*** Opening of SOURCE DATA ***

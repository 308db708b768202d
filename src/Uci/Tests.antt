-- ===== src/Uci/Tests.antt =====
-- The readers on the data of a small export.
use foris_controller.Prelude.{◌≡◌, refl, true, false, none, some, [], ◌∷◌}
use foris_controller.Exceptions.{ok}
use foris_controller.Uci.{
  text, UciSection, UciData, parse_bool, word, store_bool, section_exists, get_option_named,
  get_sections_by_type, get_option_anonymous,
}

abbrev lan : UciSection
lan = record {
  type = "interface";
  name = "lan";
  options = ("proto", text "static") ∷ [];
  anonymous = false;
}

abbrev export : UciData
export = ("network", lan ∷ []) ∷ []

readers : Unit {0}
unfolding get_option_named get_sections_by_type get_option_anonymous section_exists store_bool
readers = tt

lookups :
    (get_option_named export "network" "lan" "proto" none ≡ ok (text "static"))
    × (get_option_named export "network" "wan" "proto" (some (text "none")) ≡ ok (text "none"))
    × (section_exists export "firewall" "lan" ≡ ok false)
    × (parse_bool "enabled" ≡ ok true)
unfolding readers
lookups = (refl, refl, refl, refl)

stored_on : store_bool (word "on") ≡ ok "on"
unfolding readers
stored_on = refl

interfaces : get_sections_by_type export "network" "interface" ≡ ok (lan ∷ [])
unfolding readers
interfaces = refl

*** Close of SOURCE DATA ***
*** Opening of SOURCE DATA ***

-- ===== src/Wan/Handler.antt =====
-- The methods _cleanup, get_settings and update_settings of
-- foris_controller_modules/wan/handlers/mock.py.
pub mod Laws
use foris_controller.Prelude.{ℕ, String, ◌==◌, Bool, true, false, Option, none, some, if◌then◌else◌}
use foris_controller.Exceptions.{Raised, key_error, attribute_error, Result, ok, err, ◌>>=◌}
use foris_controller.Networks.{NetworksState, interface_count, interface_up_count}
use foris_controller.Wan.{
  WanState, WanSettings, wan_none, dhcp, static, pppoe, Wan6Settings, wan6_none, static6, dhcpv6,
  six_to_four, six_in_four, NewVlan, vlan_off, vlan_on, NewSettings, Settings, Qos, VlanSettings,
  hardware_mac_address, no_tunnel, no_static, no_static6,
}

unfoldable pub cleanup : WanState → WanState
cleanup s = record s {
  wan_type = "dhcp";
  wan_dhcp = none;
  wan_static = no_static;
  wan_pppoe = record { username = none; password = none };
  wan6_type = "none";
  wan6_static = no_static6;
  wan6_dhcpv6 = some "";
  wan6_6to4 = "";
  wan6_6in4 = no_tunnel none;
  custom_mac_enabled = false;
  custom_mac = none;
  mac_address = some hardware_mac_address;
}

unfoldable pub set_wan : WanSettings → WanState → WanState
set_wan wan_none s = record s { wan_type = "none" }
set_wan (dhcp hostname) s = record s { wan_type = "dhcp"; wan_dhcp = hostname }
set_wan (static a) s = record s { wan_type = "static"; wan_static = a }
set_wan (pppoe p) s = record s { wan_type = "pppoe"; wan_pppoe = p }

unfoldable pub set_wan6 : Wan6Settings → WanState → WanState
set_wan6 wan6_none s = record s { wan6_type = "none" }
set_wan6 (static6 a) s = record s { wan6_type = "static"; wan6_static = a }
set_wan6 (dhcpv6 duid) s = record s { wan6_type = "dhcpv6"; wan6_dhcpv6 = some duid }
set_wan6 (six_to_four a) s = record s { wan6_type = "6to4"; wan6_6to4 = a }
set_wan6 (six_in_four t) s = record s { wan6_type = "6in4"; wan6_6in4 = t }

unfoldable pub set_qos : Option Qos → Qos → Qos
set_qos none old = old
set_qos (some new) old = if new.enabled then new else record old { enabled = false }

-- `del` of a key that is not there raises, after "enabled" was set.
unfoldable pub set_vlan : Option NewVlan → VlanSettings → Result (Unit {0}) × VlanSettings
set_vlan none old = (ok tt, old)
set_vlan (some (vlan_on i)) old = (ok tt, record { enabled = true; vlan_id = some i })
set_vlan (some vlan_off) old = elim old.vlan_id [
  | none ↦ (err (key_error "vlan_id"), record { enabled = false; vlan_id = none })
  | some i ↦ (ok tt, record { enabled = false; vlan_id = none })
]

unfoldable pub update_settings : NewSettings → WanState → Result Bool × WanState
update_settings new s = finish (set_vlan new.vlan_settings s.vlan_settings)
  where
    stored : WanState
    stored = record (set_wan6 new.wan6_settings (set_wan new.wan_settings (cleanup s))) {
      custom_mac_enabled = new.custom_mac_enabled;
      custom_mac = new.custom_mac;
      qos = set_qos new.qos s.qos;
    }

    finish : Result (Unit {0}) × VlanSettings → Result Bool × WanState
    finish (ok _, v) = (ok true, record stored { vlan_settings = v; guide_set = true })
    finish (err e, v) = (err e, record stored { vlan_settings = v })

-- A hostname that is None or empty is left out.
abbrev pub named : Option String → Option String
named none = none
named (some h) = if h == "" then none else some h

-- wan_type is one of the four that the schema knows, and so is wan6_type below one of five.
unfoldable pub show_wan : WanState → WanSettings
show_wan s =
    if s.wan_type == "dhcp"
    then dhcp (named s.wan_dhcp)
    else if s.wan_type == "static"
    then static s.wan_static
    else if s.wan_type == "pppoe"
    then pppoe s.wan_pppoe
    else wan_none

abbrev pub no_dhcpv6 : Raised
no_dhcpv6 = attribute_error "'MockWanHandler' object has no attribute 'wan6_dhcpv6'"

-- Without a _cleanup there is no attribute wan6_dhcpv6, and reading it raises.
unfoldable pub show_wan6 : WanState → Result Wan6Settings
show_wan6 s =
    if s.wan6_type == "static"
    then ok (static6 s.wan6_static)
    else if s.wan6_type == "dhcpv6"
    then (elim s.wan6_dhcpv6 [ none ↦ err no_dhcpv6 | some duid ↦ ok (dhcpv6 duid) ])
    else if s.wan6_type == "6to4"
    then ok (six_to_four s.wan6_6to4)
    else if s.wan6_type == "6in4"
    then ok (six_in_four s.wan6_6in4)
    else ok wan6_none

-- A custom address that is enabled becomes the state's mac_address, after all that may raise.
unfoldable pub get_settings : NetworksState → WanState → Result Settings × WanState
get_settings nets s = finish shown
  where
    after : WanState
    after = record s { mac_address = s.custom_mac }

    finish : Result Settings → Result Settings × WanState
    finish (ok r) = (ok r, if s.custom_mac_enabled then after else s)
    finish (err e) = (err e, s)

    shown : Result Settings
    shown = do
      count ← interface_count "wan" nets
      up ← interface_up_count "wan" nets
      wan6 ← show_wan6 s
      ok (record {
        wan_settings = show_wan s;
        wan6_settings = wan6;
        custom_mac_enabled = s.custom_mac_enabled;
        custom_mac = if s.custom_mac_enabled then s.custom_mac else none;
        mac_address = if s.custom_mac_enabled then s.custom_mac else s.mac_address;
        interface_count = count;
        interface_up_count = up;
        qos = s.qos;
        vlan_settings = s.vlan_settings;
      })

*** Close of SOURCE DATA ***
*** Opening of SOURCE DATA ***

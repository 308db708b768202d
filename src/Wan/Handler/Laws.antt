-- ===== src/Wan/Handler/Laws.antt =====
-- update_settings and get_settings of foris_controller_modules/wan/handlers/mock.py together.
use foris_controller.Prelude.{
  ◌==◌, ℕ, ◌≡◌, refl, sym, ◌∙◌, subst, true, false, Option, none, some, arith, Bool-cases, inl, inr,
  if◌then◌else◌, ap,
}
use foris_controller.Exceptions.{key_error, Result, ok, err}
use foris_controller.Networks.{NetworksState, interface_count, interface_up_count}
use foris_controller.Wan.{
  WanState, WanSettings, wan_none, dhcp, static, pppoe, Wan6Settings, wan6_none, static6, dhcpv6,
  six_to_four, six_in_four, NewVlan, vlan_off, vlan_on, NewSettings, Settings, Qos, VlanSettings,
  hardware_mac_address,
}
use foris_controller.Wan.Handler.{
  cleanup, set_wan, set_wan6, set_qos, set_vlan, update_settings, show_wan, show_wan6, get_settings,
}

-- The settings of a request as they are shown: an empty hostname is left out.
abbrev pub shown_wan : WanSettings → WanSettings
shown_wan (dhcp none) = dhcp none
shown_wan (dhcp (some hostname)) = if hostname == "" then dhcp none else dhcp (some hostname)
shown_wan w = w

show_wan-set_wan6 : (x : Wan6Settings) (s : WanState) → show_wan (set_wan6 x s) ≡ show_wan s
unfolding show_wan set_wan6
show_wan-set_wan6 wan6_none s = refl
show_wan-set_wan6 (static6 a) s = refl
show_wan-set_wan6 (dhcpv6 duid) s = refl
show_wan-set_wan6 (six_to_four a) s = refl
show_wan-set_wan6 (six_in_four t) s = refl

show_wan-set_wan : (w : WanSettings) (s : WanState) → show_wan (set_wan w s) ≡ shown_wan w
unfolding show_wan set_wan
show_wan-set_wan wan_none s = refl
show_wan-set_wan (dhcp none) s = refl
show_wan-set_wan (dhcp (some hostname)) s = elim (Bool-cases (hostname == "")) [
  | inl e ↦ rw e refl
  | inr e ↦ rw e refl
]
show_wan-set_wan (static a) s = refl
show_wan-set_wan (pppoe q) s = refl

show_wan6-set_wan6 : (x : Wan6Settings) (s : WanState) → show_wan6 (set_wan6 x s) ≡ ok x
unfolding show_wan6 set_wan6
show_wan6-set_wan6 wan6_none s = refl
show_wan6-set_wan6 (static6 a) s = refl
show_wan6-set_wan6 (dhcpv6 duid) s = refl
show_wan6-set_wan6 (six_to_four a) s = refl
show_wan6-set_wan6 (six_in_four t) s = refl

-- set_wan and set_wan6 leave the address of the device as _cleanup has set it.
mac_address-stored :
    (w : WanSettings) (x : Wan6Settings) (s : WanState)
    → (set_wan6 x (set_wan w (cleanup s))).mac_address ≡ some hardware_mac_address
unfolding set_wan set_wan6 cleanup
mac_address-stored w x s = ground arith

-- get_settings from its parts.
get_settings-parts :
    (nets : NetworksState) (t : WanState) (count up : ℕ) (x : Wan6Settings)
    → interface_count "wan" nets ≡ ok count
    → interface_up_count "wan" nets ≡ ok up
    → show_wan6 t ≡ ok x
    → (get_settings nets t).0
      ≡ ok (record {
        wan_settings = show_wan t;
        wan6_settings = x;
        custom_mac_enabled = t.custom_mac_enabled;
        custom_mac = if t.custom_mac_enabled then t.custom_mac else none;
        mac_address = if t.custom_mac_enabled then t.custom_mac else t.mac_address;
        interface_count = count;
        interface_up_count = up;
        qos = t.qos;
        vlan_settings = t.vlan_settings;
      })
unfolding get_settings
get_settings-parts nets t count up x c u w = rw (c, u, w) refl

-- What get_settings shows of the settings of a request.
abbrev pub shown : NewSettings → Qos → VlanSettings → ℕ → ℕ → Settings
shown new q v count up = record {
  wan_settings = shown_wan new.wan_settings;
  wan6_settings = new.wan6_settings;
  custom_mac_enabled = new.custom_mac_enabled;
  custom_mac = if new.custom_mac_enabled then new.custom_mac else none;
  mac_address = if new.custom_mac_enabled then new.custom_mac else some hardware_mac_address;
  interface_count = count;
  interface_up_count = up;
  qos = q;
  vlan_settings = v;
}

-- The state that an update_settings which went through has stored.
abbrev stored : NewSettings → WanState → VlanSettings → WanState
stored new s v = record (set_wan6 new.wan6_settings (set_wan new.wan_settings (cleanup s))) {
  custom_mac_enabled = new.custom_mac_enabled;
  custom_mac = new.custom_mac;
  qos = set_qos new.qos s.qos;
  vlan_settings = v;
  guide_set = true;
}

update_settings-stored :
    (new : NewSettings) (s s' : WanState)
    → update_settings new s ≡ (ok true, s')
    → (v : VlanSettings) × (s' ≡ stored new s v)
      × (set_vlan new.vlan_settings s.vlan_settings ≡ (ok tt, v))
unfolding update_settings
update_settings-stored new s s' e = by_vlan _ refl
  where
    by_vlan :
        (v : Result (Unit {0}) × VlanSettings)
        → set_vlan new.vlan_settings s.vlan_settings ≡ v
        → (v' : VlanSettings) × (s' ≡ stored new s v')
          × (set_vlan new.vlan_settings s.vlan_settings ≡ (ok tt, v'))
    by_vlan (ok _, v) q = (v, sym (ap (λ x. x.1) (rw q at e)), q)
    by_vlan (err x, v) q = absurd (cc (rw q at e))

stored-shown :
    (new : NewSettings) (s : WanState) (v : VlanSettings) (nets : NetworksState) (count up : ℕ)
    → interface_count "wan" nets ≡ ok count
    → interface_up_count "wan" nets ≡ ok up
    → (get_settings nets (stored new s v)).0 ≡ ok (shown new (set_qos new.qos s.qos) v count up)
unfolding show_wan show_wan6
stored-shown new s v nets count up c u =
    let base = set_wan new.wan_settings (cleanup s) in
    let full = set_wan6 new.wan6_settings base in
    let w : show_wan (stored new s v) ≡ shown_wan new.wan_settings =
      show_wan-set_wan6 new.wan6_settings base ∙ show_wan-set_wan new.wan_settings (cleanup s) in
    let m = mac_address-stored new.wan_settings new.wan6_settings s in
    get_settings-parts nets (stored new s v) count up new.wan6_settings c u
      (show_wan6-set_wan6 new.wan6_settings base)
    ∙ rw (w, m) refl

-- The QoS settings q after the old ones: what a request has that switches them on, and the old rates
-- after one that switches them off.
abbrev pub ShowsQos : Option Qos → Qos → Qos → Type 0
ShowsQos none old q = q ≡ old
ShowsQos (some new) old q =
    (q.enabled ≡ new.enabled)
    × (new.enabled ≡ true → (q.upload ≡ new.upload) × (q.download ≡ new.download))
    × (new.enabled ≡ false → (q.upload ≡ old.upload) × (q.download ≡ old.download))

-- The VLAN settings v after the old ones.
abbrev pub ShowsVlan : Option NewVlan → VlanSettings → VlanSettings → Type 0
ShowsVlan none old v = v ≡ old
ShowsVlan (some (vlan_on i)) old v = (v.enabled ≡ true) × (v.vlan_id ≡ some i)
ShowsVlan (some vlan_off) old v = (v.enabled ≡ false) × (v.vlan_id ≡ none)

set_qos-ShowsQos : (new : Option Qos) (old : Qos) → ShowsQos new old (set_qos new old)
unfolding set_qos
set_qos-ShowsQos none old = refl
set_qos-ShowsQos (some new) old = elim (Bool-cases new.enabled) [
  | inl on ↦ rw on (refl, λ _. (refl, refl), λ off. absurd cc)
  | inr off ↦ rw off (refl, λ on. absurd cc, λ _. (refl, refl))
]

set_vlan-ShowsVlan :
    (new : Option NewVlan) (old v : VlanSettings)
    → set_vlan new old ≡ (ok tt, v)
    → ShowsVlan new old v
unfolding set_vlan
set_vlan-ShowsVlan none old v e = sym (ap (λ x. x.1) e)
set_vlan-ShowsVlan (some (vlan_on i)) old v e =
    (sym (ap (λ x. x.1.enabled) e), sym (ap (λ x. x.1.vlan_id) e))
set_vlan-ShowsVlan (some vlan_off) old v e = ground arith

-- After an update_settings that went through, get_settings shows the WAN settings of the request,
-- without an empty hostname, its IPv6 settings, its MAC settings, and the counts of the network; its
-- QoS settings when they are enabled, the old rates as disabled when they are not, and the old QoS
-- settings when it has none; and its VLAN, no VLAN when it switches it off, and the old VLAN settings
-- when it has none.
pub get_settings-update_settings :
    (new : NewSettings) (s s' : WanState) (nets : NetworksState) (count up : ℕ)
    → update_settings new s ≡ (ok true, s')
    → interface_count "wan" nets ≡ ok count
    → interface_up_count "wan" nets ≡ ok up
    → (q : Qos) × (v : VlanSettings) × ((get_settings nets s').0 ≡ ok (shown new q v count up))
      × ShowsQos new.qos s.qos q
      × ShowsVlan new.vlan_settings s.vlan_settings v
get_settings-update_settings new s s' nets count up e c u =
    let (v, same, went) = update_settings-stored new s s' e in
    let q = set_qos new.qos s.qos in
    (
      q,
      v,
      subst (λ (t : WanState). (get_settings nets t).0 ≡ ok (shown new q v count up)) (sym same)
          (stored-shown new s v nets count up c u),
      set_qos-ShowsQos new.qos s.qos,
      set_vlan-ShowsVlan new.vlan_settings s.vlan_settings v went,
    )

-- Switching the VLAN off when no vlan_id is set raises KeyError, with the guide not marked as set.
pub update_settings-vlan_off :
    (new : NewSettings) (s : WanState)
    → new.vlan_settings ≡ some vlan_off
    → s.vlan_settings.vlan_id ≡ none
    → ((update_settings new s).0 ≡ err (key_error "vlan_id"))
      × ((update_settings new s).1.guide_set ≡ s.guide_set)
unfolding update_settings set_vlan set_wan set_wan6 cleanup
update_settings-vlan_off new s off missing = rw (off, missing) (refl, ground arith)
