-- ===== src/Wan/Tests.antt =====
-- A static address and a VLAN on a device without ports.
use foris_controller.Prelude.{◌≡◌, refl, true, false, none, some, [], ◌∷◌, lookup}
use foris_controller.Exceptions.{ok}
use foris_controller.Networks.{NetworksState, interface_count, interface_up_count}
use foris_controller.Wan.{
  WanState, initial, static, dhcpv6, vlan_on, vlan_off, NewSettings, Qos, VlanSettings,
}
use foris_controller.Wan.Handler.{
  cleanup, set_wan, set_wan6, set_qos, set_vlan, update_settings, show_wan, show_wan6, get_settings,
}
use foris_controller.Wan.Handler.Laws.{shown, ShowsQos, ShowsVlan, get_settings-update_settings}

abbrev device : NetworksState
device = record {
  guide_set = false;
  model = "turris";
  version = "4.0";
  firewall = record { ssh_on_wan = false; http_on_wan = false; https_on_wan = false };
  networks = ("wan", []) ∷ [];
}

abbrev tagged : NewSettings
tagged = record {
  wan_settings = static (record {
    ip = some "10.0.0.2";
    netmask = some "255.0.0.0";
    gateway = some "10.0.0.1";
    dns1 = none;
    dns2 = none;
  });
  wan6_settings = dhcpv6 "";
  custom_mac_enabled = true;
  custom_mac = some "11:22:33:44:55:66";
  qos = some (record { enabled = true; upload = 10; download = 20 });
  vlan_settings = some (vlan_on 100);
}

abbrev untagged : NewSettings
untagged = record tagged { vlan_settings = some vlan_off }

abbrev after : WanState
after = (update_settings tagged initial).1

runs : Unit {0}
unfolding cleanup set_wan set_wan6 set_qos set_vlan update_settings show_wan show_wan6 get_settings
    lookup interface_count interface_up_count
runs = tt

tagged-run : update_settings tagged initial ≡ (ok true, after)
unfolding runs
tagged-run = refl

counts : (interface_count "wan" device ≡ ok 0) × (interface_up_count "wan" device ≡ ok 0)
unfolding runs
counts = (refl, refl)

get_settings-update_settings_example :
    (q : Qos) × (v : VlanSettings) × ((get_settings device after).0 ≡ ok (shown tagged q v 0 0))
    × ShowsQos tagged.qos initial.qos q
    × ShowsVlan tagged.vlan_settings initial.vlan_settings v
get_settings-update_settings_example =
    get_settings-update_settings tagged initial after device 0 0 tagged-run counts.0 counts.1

*** Close of SOURCE DATA ***

→ TASK REQUIREMENTS
Please output the lines of the listing above that fall in the stretch from the one with "show_wan-set_wan (static a) s = refl" through the one with "-- What get_settings", exactly and only those.

→ WRITTEN ANSWER
show_wan-set_wan (static a) s = refl
show_wan-set_wan (pppoe q) s = refl

show_wan6-set_wan6 : (x : Wan6Settings) (s : WanState) → show_wan6 (set_wan6 x s) ≡ ok x
unfolding show_wan6 set_wan6
show_wan6-set_wan6 wan6_none s = refl
show_wan6-set_wan6 (static6 a) s = refl
show_wan6-set_wan6 (dhcpv6 duid) s = refl
show_wan6-set_wan6 (six_to_four a) s = refl
show_wan6-set_wan6 (six_in_four t) s = refl

-- set_wan and set_wan6 leave the address of the device as _cleanup has set it.
mac_address-stored :
    (w : WanSettings) (x : Wan6Settings) (s : WanState)
    → (set_wan6 x (set_wan w (cleanup s))).mac_address ≡ some hardware_mac_address
unfolding set_wan set_wan6 cleanup
mac_address-stored w x s = ground arith

-- get_settings from its parts.
get_settings-parts :
    (nets : NetworksState) (t : WanState) (count up : ℕ) (x : Wan6Settings)
    → interface_count "wan" nets ≡ ok count
    → interface_up_count "wan" nets ≡ ok up
    → show_wan6 t ≡ ok x
    → (get_settings nets t).0
      ≡ ok (record {
        wan_settings = show_wan t;
        wan6_settings = x;
        custom_mac_enabled = t.custom_mac_enabled;
        custom_mac = if t.custom_mac_enabled then t.custom_mac else none;
        mac_address = if t.custom_mac_enabled then t.custom_mac else t.mac_address;
        interface_count = count;
        interface_up_count = up;
        qos = t.qos;
        vlan_settings = t.vlan_settings;
      })
unfolding get_settings
get_settings-parts nets t count up x c u w = rw (c, u, w) refl

-- What get_settings shows of the settings of a request.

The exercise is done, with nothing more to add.